安世奇看着前方,眼神不时偏向林砚之那边。
林砚之敲敲吐吐舌头,自知莽撞了,“不怕,到时候陪他些钱就好了。”
“呵,砚儿倒是财大气粗得紧。”
正说着,对面来了一辆马车在这不算宽的街上,横冲直撞,驾车的马斯,一边嚷嚷着:“让一让让一让。”
硬是将安世奇和林砚之隔开。
马车里的人探出头,正巧看到了骑在马上的林砚之一脸不善的看着他,此人无甚表情的哼了一声,将头转向一边。
几秒的功夫已经窜了出去。
“什么人这么没有公德心。”林砚之骂骂咧咧骑着马来到安世奇身边。
“看这车辇这么大和那马斯着装,想必该是达官显贵。”
“达官显贵也不能这般无理。”林砚之向来看不惯这种人。
“砚儿还是如此嫉恶如仇,以后可是要改一改。”
马车里坐着的人正是梁王朱厚成。
魏府内此刻正由一名探子在和魏忠贤报告事情。
“公公,侯大人,今日宪王府内去了一男一女,最后带走了那位林砚之,往城外去了。”
“可知这一男一女是何人?”魏忠贤正坐在那里和侯国兴看一批古玩玉器,这是全国各地官员们新进贡上来的一批年货,里面不乏一些稀有的西域玩意儿,甚是精妙。
魏忠贤此刻正拿着一个雕花镂空金丝花瓶仔细把玩着。
“不知,小的只在外面看到那宪王对他们礼遇三分。”
“哦?宪王对他们礼遇三分?”魏忠贤这倒来了兴趣,抬头和侯国兴交换了眼神,“国兴你怎么看?”

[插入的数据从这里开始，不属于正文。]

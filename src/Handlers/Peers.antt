-- ===== src/Handlers/Peers.antt =====
-- `peerRequestHandlerAdapter`.
pub mod Effect
pub mod Bounds
pub mod Draws
pub mod Choice
use go_clarinet.Base.{ℕ, zero, suc, Option, none, some, List, [], ◌∷◌, ◌++◌, if◌then◌else◌}
use go_clarinet.Base.Eq.{◌==◌}
use go_clarinet.Base.Int.{ℤ, to_ℕ}
use go_clarinet.Base.Lists.{length, get_elem?}
use go_clarinet.Peer.{PeerId, Peer, peer_id_eq}
use go_clarinet.World.{Env, M, pure, panic, external, ◌>>=◌}

-- `append(peers[:ind], peers[ind+1:]...)`
unfoldable pub remove_at {ℓ} : {A : Type ℓ} → ℕ → List A → List A
remove_at i [] = []
remove_at zero (x ∷ xs) = xs
remove_at (suc i) (x ∷ xs) = x ∷ remove_at i xs

module _ {S : Type 0} (env : Env S) where
  picked : Option Peer → List Peer → M S (Peer × List Peer)
  picked none rest = panic
  picked (some p) rest = pure (p, rest)

  -- `rand.Intn` panics at 0, and an index out of range panics.
  pub draw : List Peer → M S (Peer × List Peer)
  draw [] = panic
  draw (p ∷ ps) = do
    ind ← external (env.intn (length (p ∷ ps)))
    picked (get_elem? (p ∷ ps) ind) (remove_at ind (p ∷ ps))

  -- A peer that is this node is replaced by another draw.
  draw_other : PeerId → List Peer → M S (Peer × List Peer)
  draw_other self peers = do
    (p, rest) ← draw peers
    if p.id == self then draw rest else pure (p, rest)

  -- `for i := 0; i < request.Num && len(peers) > 0; i += 1`, by the rounds that are left.
  fill : ℕ → PeerId → List Peer → List Peer → M S (List Peer)
  fill zero self peers chosen = pure chosen
  fill (suc n) self [] chosen = pure chosen
  fill (suc n) self (q ∷ qs) chosen = do
    (p, rest) ← draw_other self (q ∷ qs)
    fill n self rest (chosen ++ p ∷ [])

  -- An answer of the application is passed on as it is.
  respond : ℤ → Option (List Peer) → M S (List Peer)
  respond num (some answer) = pure answer
  respond num none = do
    peers ← external env.all_peers
    self ← external env.self
    fill (to_ℕ num) self.id peers []

  unfoldable pub handle : PeerId → ℤ → M S (List Peer)
  unfolding picked draw draw_other fill respond remove_at
  handle peer_id num = do answer ← external (env.on_peers peer_id num); respond num answer
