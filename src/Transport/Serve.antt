-- ===== src/Transport/Serve.antt =====
-- `readWriteWrapper` and `streamCleanupWrapper`.
pub mod Outcomes
use go_clarinet.Base.{
  ℕ, Bool, true, false, Option, none, some, List, [], ◌∷◌, ◌++◌, Bytes, if◌then◌else◌,
}
use go_clarinet.Base.Eq.{◌==◌, nat_eq}
use go_clarinet.Base.Lists.{length, take}
use go_clarinet.Peer.{PeerId}
use go_clarinet.World.{World, Result, ok, err, panicked, TransportOptions, M}
use go_clarinet.Wire.Parts.{Parse, parsed, failed as unreadable, crashed as unsafe}
use go_clarinet.Wire.Messages.{Texts}
use go_clarinet.Wire.Payload.{Payload, Kind, serialize, deserialize}
use go_clarinet.Transport.Stream.{
  StreamEvent, deadline, read_deadline, write_deadline, wrote, closed, reset, Fault, stream_fault,
  wire, handler, short_write, Outcome, done, failed, crashed, Writer, read_bytes, or_default,
}

-- A handler with the type of what it reads, and whether it answers.
pub record Endpoint (S : Type 0) : Type 1 where
  pub kind : Kind
  pub options : TransportOptions
  pub handle : PeerId → Payload → M S Payload
  pub has_resp : Bool

-- What a handler comes to, with the state and what was done to the stream.
pub record Served (S : Type 0) : Type 0 where
  pub outcome : Outcome (Unit {0})
  pub world : World S
  pub events : List StreamEvent

unfoldable pub read_deadlines : TransportOptions → Option ℕ → List StreamEvent
unfolding or_default
read_deadlines o none = read_deadline (or_default o.read_timeout) ∷ []
read_deadlines o (some timeout) = deadline timeout ∷ read_deadline (or_default o.read_timeout) ∷ []

-- `written, err := s.Write(enc)`, and the tests on it
written : ℕ × Bool → Bytes → Outcome (Unit {0})
written (n, true) enc = failed stream_fault
written (n, false) enc = if n == length enc then done tt else failed (short_write (length enc) n)

write_response : TransportOptions → Writer → Parse Bytes → Outcome (Unit {0}) × List StreamEvent
unfolding written or_default
write_response o write (unreadable e) = (failed (wire e), [])
write_response o write unsafe = (crashed, [])
write_response o write (parsed enc) = (
  written (write enc) enc,
  write_deadline (or_default o.write_timeout) ∷ wrote (take (write enc).0 enc) ∷ [],
)

module _ (texts : Texts) {S : Type 0} (e : Endpoint S) (write : Writer) where
  respond : Result Payload → World S → Served S
  unfolding write_response
  respond (ok resp) w =
      if e.has_resp
      then (let (outcome, events) = write_response e.options write (serialize texts resp) in
          record { outcome = outcome; world = w; events = events })
      else record { outcome = done tt; world = w; events = [] }
  respond (err x) w = record { outcome = failed (handler x); world = w; events = [] }
  respond panicked w = record { outcome = crashed; world = w; events = [] }

  handle_request : PeerId → Parse Payload → World S → Served S
  unfolding respond
  handle_request peer (parsed req) w = let (r, w') = e.handle peer req w in respond r w'
  handle_request peer (unreadable x) w = record {
    outcome = failed (wire x);
    world = w;
    events = [];
  }
  handle_request peer unsafe w = record { outcome = crashed; world = w; events = [] }

  handle_raw : PeerId → Option Bytes → World S → Served S
  unfolding handle_request
  handle_raw peer none w = record { outcome = failed stream_fault; world = w; events = [] }
  handle_raw peer (some raw) w = handle_request peer (deserialize texts raw e.kind) w

  -- `readWriteWrapper`, for the bytes that come in before the stream ends, breaks or times out.
  unfoldable pub read_write : PeerId → Bytes → World S → Served S
  unfolding handle_raw read_deadlines
  read_write peer incoming w =
      let served = handle_raw peer (read_bytes incoming) w in
      record served { events = read_deadlines e.options e.options.timeout ++ served.events }

-- `streamCleanupWrapper`: what it does at the end; a panic ends the program.
unfoldable pub last_event : Outcome (Unit {0}) → List StreamEvent
last_event (done x) = closed ∷ []
last_event (failed x) = reset ∷ []
last_event crashed = []

unfoldable pub serve :
    Texts → {S : Type 0} → Endpoint S → Writer → PeerId → Bytes → World S → Served S
unfolding read_write last_event
serve texts e write peer incoming w =
    let served = read_write texts e write peer incoming w in
    record served { events = served.events ++ last_event served.outcome }
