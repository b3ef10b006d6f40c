-- ===== src/Transport/Endpoints.antt =====
-- `RegisterHandlers`: the adapters of the node behind the protocols.
use go_clarinet.Base.{Option, none, some, true, false}
use go_clarinet.Peer.{PeerId}
use go_clarinet.Connection.Error.{Err}
use go_clarinet.World.{Env, TransportOptions, M, pure, raise, panic, ◌>>=◌, ◌>>◌}
use go_clarinet.Handlers.Connect as ConnectHandler
use go_clarinet.Handlers.Witness as WitnessHandler
use go_clarinet.Handlers.Notification as NotificationHandler
use go_clarinet.Handlers.Close as CloseHandler
use go_clarinet.Handlers.Peers as PeersHandler
use go_clarinet.Wire.Payload.{
  Payload, connect_request, connect_response, witness_request, witness_response,
  witness_notification, close_request, peers_request, peers_response, unrecognized,
  a_connect_request, a_witness_request, a_witness_notification, a_close_request, a_peers_request,
}
use go_clarinet.Transport.Stream.{
  Protocol, connect, witness, peers, witness_notification as notification, close,
}
use go_clarinet.Transport.Serve.{Endpoint}

module _ {S : Type 0} (env : Env S) where
  or_raise : Payload → Option Err → M S Payload
  or_raise resp none = pure resp
  or_raise resp (some e) = raise e

  -- The handler of a protocol is called with the type of that protocol only. The adapter of a handler
  -- that does not answer returns nil, which is not sent.
  take_connect : PeerId → Payload → M S Payload
  unfolding or_raise
  take_connect peer (connect_request r) = do
    (resp, e) ← ConnectHandler.handle env peer r
    or_raise (connect_response resp) e
  take_connect peer _ = panic

  take_witness : PeerId → Payload → M S Payload
  unfolding or_raise
  take_witness peer (witness_request r) = do
    (resp, e) ← WitnessHandler.handle env peer r
    or_raise (witness_response resp) e
  take_witness peer _ = panic

  take_peers : PeerId → Payload → M S Payload
  take_peers peer (peers_request num) = do
    found ← PeersHandler.handle env peer num
    pure (peers_response found)
  take_peers peer _ = panic

  take_notification : PeerId → Payload → M S Payload
  take_notification peer (witness_notification n) = do
    NotificationHandler.handle env peer n
    pure unrecognized
  take_notification peer _ = panic

  take_close : PeerId → Payload → M S Payload
  take_close peer (close_request r) = do CloseHandler.handle env peer r; pure unrecognized
  take_close peer _ = panic

  -- The options are those of the application's handlers.
  unfoldable pub endpoint : (Protocol → TransportOptions) → Protocol → Endpoint S
  unfolding take_connect take_witness take_peers take_notification take_close
  endpoint options connect = record {
    kind = a_connect_request;
    options = env.connect_options;
    handle = take_connect;
    has_resp = true;
  }
  endpoint options witness = record {
    kind = a_witness_request;
    options = options witness;
    handle = take_witness;
    has_resp = true;
  }
  endpoint options peers = record {
    kind = a_peers_request;
    options = options peers;
    handle = take_peers;
    has_resp = true;
  }
  endpoint options notification = record {
    kind = a_witness_notification;
    options = options notification;
    handle = take_notification;
    has_resp = false;
  }
  endpoint options close = record {
    kind = a_close_request;
    options = options close;
    handle = take_close;
    has_resp = false;
  }
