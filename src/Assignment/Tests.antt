-- ===== src/Assignment/Tests.antt =====
-- Tests of the local assignment.
use Prim.Native.String.{String}
use sddiar.Base.{ℕ, ◌≡◌, refl, Bool, true, false, none, some, List, [], ◌∷◌, ok}
use sddiar.Floats.Tests.{naturals, naturals-IsOrdered}
use sddiar.Spans.{Speaker, speaker_00, speaker_01}
use sddiar.Hypotheses.{HypothesisDecision, h2_confirmed}
use sddiar.Tracklets.{Tracklet, anchor}
use sddiar.Tracklets.Tests.{test_cfg, piece}
use sddiar.Assignment.{
  SpeakerState, SpeakerStates, EmbeddingResult, SpeakerAssignment, local_assignment,
}
use sddiar.Assignment.Gate.{IsGated, local_assignment-IsGated}

abbrev pub state_at : Speaker → List ℕ → SpeakerState ℕ
state_at speaker center = record {
  speaker_id = speaker;
  stable_anchor_centroid = center;
  stable_anchor_ids = [];
  stable_dispersion = 0;
  recent_centroid = none;
  recent_mass = 0;
  recent_last_us = none;
  recent_frozen = false;
  drift_flags = [];
}

abbrev pub two_states : SpeakerStates ℕ
two_states =
    (speaker_00, state_at speaker_00 (1 ∷ 0 ∷ []))
    ∷ (speaker_01, state_at speaker_01 (0 ∷ 1 ∷ []))
    ∷ []

abbrev pub embedded : String → List ℕ → EmbeddingResult ℕ
embedded id vector = record {
  tracklet_id = id;
  is_valid = true;
  vector = some vector;
  intra_window_consistency = 1;
  quality = 1;
}

abbrev pub confirmed : HypothesisDecision ℕ
confirmed = record { state = h2_confirmed; hypothesis = none; reason_codes = [] }

abbrev long_piece : Tracklet ℕ
long_piece = piece "a" 0 2000 anchor

abbrev second_speaker : SpeakerAssignment ℕ
second_speaker = record {
  tracklet_id = "a";
  speaker_id = speaker_01;
  attribution_status = "LOCAL_CANDIDATE";
  stable_distance = some 0;
  effective_distance = some 0;
  margin = some 1;
  evidence_ids = [];
  reason_codes = [];
}

second_test :
    local_assignment naturals long_piece
      (some (embedded "a" (0 ∷ 1 ∷ [])))
      two_states
      confirmed
      test_cfg
    ≡ ok second_speaker
unfolding local_assignment sddiar.Assignment.assign_scored sddiar.Assignment.scores_of
    sddiar.Base.Sort.sort sddiar.Assignment.state_distances
    sddiar.Assignment.Vectors.cosine_distance sddiar.Assignment.assign_best
    sddiar.Assignment.Vectors.sum_products sddiar.Assignment.assignment
second_test = refl

local_assignment-IsGated_example :
    IsGated naturals naturals-IsOrdered long_piece
      (some (embedded "a" (0 ∷ 1 ∷ [])))
      two_states
      confirmed
      test_cfg
      second_speaker
local_assignment-IsGated_example =
    local_assignment-IsGated naturals naturals-IsOrdered long_piece
      (some (embedded "a" (0 ∷ 1 ∷ []))) two_states confirmed test_cfg second_speaker second_test
      refl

“这宪王既然让那林家丫头跟着那两人走,想必他们原来就认识。”
魏忠贤点了点头,“嗯,去查查那两人什么来头,兴许对我们有用。”
“是公公。”
这时外面的门卫进来,伏首道:“公公,梁王来了。”
“带梁王去南厅,杂家这就过去。”
说完放下手里的古玩,起身伸开胳膊,一旁的侍女拿过一个外袍帮他穿上,魏忠贤这才往南厅去。
梁王是几位皇亲王爷里最贪财好色却无能的一位,生得矮胖,家里妻妾成群。好在本身没什么攻击力,也就没人把他当做需要对付的对象。但到底身份不低,魏忠贤为了让自己的羽翼丰满,自然是要将其拉拢。
他此刻正百无聊赖地坐在那里喝茶,不时看向对面静立着的一位侍女。
魏忠贤才走到门边就开口道:“哎呀,让王爷久等了。”
闻声,朱厚成站起身背着手看向走过来的魏忠贤道:“魏公公哪里的话,本王也才刚到。”
魏忠贤伸出手掌指指椅子道:“坐坐。”
“谢谢,不过魏公公今日何以出宫,可是有事找本王?”
魏忠贤捏着袖子边缘,道:“给王爷的年节大礼可有收到?”
“正要说此事,那几箱黄金昨日刚收到,公公真客气,我们之间又何须那些俗物。”梁王笑的双眼眯成条缝,假意谦和地说道。